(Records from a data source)
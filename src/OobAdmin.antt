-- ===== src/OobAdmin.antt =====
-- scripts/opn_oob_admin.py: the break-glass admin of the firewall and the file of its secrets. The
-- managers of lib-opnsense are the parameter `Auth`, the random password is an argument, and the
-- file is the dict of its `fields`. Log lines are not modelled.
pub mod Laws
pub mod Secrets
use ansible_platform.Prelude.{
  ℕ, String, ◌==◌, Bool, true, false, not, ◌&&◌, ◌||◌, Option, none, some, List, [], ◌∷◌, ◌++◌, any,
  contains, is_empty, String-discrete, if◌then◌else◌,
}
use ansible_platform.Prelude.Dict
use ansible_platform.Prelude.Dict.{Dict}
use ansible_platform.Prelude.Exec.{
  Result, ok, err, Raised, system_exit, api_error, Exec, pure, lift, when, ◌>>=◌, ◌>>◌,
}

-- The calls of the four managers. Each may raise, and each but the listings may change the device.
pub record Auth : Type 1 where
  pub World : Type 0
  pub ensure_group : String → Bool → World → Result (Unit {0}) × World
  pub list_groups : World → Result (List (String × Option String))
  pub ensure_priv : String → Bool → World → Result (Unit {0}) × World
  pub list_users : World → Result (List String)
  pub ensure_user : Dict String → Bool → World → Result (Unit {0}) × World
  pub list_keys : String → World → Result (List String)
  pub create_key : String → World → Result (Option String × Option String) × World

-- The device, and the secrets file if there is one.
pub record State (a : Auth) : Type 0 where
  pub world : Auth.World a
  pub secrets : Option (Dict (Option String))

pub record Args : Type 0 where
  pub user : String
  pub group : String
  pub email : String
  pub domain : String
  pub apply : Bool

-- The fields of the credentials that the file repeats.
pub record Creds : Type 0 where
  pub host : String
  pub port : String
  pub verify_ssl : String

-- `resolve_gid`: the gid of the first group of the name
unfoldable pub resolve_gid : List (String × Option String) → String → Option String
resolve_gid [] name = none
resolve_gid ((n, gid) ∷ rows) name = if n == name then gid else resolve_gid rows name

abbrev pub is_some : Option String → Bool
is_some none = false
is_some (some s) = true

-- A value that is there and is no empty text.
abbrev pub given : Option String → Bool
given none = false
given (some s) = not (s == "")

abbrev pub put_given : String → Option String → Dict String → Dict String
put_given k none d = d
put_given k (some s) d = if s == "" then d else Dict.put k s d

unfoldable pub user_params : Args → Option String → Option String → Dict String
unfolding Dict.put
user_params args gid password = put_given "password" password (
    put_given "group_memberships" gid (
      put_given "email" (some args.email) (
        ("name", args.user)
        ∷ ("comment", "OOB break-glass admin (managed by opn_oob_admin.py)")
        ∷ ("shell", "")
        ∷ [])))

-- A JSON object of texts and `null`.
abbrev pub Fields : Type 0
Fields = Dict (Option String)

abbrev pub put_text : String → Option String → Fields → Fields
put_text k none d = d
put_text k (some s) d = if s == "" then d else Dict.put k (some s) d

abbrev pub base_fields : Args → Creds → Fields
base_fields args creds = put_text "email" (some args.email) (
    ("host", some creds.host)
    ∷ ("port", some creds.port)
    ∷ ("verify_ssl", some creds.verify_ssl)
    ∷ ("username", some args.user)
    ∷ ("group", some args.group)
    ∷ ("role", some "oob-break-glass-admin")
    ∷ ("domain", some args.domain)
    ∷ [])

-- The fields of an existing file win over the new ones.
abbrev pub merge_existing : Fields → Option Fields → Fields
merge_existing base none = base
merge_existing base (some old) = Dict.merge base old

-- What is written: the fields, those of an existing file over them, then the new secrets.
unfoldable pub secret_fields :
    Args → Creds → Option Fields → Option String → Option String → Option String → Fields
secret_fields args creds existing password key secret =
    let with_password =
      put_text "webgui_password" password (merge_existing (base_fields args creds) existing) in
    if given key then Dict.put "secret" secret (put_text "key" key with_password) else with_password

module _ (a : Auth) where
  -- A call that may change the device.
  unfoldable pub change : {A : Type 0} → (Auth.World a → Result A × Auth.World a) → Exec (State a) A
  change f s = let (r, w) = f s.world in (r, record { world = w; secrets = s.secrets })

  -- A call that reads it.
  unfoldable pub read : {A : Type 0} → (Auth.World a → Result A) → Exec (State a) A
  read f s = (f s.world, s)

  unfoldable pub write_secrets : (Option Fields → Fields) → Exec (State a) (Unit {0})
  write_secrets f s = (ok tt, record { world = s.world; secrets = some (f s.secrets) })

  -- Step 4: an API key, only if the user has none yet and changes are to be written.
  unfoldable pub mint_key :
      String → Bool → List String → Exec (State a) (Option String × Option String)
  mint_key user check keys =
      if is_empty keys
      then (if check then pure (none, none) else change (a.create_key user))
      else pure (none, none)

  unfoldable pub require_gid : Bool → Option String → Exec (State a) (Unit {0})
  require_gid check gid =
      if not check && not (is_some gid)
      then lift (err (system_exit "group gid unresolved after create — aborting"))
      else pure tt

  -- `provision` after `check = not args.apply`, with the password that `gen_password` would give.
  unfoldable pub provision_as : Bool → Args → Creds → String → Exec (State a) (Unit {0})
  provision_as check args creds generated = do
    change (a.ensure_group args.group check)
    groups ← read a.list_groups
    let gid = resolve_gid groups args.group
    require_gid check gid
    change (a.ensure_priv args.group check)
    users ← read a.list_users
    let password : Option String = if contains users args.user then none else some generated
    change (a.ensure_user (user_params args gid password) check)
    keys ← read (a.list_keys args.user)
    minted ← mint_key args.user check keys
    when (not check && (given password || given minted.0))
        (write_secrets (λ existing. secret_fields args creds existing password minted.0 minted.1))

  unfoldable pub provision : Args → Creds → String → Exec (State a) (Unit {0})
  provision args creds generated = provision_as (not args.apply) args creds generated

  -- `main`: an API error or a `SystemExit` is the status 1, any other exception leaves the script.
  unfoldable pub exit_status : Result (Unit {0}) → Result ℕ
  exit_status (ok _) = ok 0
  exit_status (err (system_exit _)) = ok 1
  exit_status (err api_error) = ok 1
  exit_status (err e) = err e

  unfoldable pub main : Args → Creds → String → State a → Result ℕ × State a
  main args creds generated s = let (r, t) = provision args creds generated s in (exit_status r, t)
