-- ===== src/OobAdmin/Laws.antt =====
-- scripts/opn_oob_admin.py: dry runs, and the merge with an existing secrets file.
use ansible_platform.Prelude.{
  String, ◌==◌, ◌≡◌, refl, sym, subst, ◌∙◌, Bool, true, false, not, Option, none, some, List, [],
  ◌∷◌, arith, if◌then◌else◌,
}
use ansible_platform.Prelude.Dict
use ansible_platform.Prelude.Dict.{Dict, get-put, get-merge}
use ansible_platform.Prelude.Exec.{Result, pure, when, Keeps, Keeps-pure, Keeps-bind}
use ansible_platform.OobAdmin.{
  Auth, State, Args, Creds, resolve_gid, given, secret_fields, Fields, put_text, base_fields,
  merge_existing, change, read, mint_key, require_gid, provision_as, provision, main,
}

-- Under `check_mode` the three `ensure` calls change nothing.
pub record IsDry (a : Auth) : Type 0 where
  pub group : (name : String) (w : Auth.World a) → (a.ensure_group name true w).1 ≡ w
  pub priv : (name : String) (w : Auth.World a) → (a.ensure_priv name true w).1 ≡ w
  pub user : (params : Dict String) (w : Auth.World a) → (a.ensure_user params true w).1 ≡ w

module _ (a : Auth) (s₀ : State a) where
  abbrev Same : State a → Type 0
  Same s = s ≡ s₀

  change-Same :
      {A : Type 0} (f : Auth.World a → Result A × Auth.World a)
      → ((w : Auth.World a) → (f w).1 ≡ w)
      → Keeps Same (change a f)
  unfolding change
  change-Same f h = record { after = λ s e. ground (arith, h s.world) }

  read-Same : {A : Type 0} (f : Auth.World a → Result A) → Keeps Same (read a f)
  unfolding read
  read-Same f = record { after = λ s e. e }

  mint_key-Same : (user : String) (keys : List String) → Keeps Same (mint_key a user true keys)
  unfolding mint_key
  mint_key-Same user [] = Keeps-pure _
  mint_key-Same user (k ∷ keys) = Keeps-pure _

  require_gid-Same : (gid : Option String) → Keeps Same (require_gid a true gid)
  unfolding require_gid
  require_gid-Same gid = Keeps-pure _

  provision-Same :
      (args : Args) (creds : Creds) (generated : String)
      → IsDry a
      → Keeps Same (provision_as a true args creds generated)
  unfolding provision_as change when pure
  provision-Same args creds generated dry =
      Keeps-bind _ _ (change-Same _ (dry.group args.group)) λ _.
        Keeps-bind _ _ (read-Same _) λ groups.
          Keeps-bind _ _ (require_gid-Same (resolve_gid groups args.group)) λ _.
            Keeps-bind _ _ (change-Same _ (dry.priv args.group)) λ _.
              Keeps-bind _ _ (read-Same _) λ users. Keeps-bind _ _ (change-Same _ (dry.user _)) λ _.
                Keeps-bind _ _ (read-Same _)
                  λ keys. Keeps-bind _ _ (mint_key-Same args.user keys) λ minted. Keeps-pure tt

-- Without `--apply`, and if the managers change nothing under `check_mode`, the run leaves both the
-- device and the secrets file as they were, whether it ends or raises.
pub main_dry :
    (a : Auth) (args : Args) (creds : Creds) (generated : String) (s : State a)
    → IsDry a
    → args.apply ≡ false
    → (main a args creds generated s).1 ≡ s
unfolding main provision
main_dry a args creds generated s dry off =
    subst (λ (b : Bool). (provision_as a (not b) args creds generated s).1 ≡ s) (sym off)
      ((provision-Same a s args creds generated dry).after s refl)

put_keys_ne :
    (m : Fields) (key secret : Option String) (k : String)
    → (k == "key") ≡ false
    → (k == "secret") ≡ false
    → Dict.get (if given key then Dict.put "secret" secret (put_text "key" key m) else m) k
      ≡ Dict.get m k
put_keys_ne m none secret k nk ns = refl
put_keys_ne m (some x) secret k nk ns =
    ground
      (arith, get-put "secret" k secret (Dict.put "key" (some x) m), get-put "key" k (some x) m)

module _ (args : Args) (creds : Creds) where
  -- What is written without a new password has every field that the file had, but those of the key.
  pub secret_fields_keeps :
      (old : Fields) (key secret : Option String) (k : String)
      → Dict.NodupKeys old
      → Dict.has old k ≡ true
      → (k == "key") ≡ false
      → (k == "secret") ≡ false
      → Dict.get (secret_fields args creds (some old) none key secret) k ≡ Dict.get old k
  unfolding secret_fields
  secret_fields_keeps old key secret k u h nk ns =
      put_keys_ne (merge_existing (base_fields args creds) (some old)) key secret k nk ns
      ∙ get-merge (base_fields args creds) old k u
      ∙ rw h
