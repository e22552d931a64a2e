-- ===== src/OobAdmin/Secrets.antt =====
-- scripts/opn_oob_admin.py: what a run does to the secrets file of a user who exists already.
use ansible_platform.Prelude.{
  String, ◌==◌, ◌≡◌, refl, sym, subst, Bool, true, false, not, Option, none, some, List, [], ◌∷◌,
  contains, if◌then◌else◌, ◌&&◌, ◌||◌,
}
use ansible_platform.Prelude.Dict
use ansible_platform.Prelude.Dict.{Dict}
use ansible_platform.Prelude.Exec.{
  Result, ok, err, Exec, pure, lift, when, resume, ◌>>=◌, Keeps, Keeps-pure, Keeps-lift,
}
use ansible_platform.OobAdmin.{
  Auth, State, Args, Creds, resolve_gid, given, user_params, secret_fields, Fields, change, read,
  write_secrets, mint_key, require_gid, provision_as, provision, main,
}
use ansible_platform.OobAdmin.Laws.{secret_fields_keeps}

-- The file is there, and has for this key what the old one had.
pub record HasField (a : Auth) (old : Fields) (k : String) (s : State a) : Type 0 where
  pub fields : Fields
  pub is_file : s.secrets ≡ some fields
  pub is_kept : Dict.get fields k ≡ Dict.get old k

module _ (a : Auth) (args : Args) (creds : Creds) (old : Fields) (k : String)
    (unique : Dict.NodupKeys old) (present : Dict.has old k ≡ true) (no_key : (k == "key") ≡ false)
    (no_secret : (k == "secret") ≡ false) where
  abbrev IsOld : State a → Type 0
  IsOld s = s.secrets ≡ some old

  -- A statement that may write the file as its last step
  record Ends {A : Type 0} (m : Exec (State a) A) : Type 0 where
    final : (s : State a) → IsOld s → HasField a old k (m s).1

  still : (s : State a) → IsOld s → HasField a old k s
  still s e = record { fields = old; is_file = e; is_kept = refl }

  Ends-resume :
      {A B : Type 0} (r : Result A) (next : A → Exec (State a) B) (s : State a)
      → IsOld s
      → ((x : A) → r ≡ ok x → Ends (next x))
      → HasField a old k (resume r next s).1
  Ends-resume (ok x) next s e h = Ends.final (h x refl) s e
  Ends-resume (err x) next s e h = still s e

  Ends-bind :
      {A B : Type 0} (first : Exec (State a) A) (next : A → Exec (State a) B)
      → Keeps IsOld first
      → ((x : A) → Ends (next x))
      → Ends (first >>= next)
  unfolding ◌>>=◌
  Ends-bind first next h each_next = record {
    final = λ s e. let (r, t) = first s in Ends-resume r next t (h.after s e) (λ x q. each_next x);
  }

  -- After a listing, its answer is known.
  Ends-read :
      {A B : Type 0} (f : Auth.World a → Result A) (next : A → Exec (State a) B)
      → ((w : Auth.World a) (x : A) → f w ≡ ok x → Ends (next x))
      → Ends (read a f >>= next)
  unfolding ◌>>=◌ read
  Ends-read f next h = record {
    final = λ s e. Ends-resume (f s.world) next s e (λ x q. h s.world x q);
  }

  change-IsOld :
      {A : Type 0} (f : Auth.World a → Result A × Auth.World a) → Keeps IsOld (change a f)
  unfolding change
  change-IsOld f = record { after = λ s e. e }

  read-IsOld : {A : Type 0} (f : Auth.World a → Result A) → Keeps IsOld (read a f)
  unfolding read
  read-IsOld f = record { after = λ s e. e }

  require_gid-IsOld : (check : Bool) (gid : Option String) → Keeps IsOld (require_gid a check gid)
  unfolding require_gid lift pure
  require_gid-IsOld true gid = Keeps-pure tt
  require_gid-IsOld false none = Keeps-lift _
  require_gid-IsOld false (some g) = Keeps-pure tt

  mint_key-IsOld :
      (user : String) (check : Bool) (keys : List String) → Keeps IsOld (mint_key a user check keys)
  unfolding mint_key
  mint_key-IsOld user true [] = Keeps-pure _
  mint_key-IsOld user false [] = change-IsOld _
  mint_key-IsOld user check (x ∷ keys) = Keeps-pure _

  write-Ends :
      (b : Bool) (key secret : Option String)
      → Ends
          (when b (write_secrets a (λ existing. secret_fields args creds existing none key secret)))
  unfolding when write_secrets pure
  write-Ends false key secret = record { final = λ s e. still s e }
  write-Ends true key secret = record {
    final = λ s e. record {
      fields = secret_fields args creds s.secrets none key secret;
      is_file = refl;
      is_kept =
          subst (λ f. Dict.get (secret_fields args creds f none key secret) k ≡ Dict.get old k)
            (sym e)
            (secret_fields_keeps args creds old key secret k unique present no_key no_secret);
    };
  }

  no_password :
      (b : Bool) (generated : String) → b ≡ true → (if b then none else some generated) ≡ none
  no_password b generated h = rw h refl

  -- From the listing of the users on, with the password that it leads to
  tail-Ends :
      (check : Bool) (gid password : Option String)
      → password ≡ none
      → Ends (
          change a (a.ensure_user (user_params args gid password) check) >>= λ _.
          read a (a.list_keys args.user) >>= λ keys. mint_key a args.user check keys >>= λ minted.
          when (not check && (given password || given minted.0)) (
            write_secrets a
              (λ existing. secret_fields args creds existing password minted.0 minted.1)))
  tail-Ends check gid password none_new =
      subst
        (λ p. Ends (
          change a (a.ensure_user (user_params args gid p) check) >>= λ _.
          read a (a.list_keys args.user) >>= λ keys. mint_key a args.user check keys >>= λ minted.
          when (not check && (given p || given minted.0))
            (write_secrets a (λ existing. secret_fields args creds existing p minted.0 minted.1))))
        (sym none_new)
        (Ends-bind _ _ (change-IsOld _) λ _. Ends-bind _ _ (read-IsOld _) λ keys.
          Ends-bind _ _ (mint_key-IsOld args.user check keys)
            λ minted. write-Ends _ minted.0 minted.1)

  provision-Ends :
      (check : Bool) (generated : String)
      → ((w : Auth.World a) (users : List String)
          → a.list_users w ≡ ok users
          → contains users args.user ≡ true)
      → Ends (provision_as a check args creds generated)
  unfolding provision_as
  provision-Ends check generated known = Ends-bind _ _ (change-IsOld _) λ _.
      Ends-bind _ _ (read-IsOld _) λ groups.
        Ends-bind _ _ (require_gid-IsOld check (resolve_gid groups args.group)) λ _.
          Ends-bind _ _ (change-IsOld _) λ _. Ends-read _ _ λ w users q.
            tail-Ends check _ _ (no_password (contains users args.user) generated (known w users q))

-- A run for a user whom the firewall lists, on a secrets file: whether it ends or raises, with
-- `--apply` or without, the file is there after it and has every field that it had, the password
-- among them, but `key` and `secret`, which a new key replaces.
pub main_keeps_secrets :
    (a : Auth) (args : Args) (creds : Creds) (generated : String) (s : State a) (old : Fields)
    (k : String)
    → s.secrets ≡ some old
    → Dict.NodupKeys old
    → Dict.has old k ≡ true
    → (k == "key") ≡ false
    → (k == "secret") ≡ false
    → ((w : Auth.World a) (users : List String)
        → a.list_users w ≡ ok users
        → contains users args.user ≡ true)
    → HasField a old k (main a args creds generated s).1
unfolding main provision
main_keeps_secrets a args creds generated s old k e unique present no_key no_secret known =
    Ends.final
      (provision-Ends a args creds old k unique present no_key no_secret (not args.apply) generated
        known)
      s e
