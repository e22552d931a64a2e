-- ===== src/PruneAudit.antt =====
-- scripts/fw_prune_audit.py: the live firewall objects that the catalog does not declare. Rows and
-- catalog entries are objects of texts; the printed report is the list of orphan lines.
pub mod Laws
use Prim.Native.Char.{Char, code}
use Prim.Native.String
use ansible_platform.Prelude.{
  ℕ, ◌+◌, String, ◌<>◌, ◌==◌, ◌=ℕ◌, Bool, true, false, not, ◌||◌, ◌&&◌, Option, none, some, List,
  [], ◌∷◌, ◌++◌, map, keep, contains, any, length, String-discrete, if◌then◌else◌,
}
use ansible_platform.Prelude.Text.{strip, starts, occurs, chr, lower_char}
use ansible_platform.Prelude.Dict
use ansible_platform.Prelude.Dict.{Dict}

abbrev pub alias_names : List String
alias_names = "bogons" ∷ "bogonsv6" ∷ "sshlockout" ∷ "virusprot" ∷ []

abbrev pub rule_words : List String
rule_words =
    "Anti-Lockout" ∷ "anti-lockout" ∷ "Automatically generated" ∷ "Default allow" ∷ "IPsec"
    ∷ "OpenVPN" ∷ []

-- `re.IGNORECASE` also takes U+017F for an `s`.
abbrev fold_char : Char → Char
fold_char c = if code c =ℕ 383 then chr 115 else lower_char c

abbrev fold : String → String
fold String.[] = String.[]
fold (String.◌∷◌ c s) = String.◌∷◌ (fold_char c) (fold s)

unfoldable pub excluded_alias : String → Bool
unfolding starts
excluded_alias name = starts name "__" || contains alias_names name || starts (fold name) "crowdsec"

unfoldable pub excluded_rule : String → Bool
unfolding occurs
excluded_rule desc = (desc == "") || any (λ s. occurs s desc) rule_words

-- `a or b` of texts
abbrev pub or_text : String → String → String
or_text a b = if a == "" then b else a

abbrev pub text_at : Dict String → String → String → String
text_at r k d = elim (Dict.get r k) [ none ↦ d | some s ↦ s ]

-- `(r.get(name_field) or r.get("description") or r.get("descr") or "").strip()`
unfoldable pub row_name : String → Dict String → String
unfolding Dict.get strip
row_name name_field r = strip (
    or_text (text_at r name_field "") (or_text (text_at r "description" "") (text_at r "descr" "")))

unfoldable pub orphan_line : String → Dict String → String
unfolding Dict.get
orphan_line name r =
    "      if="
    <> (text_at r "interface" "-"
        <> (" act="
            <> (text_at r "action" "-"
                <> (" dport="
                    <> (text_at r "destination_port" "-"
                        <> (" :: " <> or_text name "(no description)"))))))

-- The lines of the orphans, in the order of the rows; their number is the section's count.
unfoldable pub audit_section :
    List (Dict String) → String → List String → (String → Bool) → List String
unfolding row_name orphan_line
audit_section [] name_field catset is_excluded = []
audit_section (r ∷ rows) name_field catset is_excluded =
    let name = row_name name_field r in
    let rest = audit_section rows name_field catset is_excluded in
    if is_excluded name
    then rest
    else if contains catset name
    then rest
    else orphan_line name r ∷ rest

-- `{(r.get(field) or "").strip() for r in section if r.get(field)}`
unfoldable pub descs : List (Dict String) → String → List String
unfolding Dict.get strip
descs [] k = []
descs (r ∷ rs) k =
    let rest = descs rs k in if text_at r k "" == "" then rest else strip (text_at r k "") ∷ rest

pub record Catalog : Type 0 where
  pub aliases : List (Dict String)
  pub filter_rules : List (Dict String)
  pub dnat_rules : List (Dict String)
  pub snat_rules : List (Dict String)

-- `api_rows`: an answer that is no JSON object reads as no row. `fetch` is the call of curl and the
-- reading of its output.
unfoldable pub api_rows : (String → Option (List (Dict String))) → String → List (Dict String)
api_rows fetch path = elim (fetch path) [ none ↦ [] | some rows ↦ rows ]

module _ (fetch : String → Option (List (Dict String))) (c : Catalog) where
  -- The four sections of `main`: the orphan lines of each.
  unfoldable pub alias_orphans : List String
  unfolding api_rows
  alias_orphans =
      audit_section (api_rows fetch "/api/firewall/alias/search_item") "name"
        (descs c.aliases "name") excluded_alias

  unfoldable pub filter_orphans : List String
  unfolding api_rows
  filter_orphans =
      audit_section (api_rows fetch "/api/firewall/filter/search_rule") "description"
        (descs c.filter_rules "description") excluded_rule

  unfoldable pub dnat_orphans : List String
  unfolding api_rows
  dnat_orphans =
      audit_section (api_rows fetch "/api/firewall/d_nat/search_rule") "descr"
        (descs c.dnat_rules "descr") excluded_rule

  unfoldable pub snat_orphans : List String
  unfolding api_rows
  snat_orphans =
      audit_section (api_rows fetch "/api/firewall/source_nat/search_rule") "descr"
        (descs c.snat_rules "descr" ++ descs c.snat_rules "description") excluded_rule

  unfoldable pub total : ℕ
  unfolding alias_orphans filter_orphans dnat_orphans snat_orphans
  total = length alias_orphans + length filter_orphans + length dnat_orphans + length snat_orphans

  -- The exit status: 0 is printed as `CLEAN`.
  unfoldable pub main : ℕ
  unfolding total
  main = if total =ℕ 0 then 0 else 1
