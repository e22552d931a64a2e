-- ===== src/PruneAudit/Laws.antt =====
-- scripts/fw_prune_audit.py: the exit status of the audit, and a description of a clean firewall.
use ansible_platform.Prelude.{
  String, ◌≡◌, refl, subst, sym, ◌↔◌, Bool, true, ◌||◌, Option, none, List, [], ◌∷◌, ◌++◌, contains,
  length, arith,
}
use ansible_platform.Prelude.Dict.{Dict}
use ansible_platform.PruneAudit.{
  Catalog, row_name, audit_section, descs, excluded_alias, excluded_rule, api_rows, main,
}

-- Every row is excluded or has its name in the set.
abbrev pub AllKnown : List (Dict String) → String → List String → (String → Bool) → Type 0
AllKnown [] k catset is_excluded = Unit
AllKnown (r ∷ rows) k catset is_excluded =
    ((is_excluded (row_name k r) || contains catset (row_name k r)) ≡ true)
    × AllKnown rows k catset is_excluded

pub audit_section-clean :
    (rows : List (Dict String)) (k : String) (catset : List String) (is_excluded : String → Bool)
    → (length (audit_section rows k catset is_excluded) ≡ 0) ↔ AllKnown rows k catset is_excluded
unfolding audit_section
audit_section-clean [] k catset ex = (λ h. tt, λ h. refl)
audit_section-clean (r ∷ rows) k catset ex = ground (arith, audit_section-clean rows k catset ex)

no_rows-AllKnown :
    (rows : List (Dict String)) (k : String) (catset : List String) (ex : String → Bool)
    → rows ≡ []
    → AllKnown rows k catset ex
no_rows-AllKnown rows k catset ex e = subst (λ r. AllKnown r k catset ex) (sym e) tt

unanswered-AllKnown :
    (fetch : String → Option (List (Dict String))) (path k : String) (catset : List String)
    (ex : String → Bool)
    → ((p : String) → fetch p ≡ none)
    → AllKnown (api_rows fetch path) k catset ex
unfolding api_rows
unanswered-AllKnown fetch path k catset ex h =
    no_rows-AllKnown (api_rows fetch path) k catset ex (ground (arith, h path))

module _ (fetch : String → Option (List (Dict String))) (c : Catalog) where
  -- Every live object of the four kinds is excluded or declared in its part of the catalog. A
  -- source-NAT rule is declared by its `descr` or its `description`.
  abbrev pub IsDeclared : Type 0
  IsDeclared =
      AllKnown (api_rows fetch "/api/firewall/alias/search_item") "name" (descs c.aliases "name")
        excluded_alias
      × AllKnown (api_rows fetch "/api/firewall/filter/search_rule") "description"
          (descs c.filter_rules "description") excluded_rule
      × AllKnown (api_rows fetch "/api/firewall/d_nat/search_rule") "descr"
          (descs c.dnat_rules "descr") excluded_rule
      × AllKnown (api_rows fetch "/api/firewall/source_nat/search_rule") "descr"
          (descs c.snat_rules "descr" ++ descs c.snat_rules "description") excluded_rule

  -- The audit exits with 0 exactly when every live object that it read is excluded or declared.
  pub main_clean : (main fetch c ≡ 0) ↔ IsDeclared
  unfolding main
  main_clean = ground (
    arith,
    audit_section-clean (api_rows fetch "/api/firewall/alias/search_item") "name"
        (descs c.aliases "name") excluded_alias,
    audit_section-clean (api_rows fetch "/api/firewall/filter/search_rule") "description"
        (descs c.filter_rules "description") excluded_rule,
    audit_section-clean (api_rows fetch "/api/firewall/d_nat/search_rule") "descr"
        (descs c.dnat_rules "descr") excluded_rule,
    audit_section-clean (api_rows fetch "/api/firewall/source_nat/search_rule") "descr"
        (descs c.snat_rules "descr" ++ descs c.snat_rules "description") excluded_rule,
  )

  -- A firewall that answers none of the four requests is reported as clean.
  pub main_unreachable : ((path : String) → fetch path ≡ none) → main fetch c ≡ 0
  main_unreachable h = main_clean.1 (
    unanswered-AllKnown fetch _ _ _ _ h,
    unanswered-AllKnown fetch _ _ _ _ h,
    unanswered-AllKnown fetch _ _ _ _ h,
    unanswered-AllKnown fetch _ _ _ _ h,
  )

WHAT YOU NEED TO DO: In the records above, find the line containing "given (some s)" and restate word for word every line from the first through that one.

SOLUTION TO THIS PROBLEM:
filename src/OobAdmin.antt
-- ===== src/OobAdmin.antt =====
-- scripts/opn_oob_admin.py: the break-glass admin of the firewall and the file of its secrets. The
-- managers of lib-opnsense are the parameter `Auth`, the random password is an argument, and the
-- file is the dict of its `fields`. Log lines are not modelled.
pub mod Laws
pub mod Secrets
use ansible_platform.Prelude.{
  ℕ, String, ◌==◌, Bool, true, false, not, ◌&&◌, ◌||◌, Option, none, some, List, [], ◌∷◌, ◌++◌, any,
  contains, is_empty, String-discrete, if◌then◌else◌,
}
use ansible_platform.Prelude.Dict
use ansible_platform.Prelude.Dict.{Dict}
use ansible_platform.Prelude.Exec.{
  Result, ok, err, Raised, system_exit, api_error, Exec, pure, lift, when, ◌>>=◌, ◌>>◌,
}

-- The calls of the four managers. Each may raise, and each but the listings may change the device.
pub record Auth : Type 1 where
  pub World : Type 0
  pub ensure_group : String → Bool → World → Result (Unit {0}) × World
  pub list_groups : World → Result (List (String × Option String))
  pub ensure_priv : String → Bool → World → Result (Unit {0}) × World
  pub list_users : World → Result (List String)
  pub ensure_user : Dict String → Bool → World → Result (Unit {0}) × World
  pub list_keys : String → World → Result (List String)
  pub create_key : String → World → Result (Option String × Option String) × World

-- The device, and the secrets file if there is one.
pub record State (a : Auth) : Type 0 where
  pub world : Auth.World a
  pub secrets : Option (Dict (Option String))

pub record Args : Type 0 where
  pub user : String
  pub group : String
  pub email : String
  pub domain : String
  pub apply : Bool

-- The fields of the credentials that the file repeats.
pub record Creds : Type 0 where
  pub host : String
  pub port : String
  pub verify_ssl : String

-- `resolve_gid`: the gid of the first group of the name
unfoldable pub resolve_gid : List (String × Option String) → String → Option String
resolve_gid [] name = none
resolve_gid ((n, gid) ∷ rows) name = if n == name then gid else resolve_gid rows name

abbrev pub is_some : Option String → Bool
is_some none = false
is_some (some s) = true

-- A value that is there and is no empty text.
abbrev pub given : Option String → Bool
given none = false
given (some s) = not (s == "")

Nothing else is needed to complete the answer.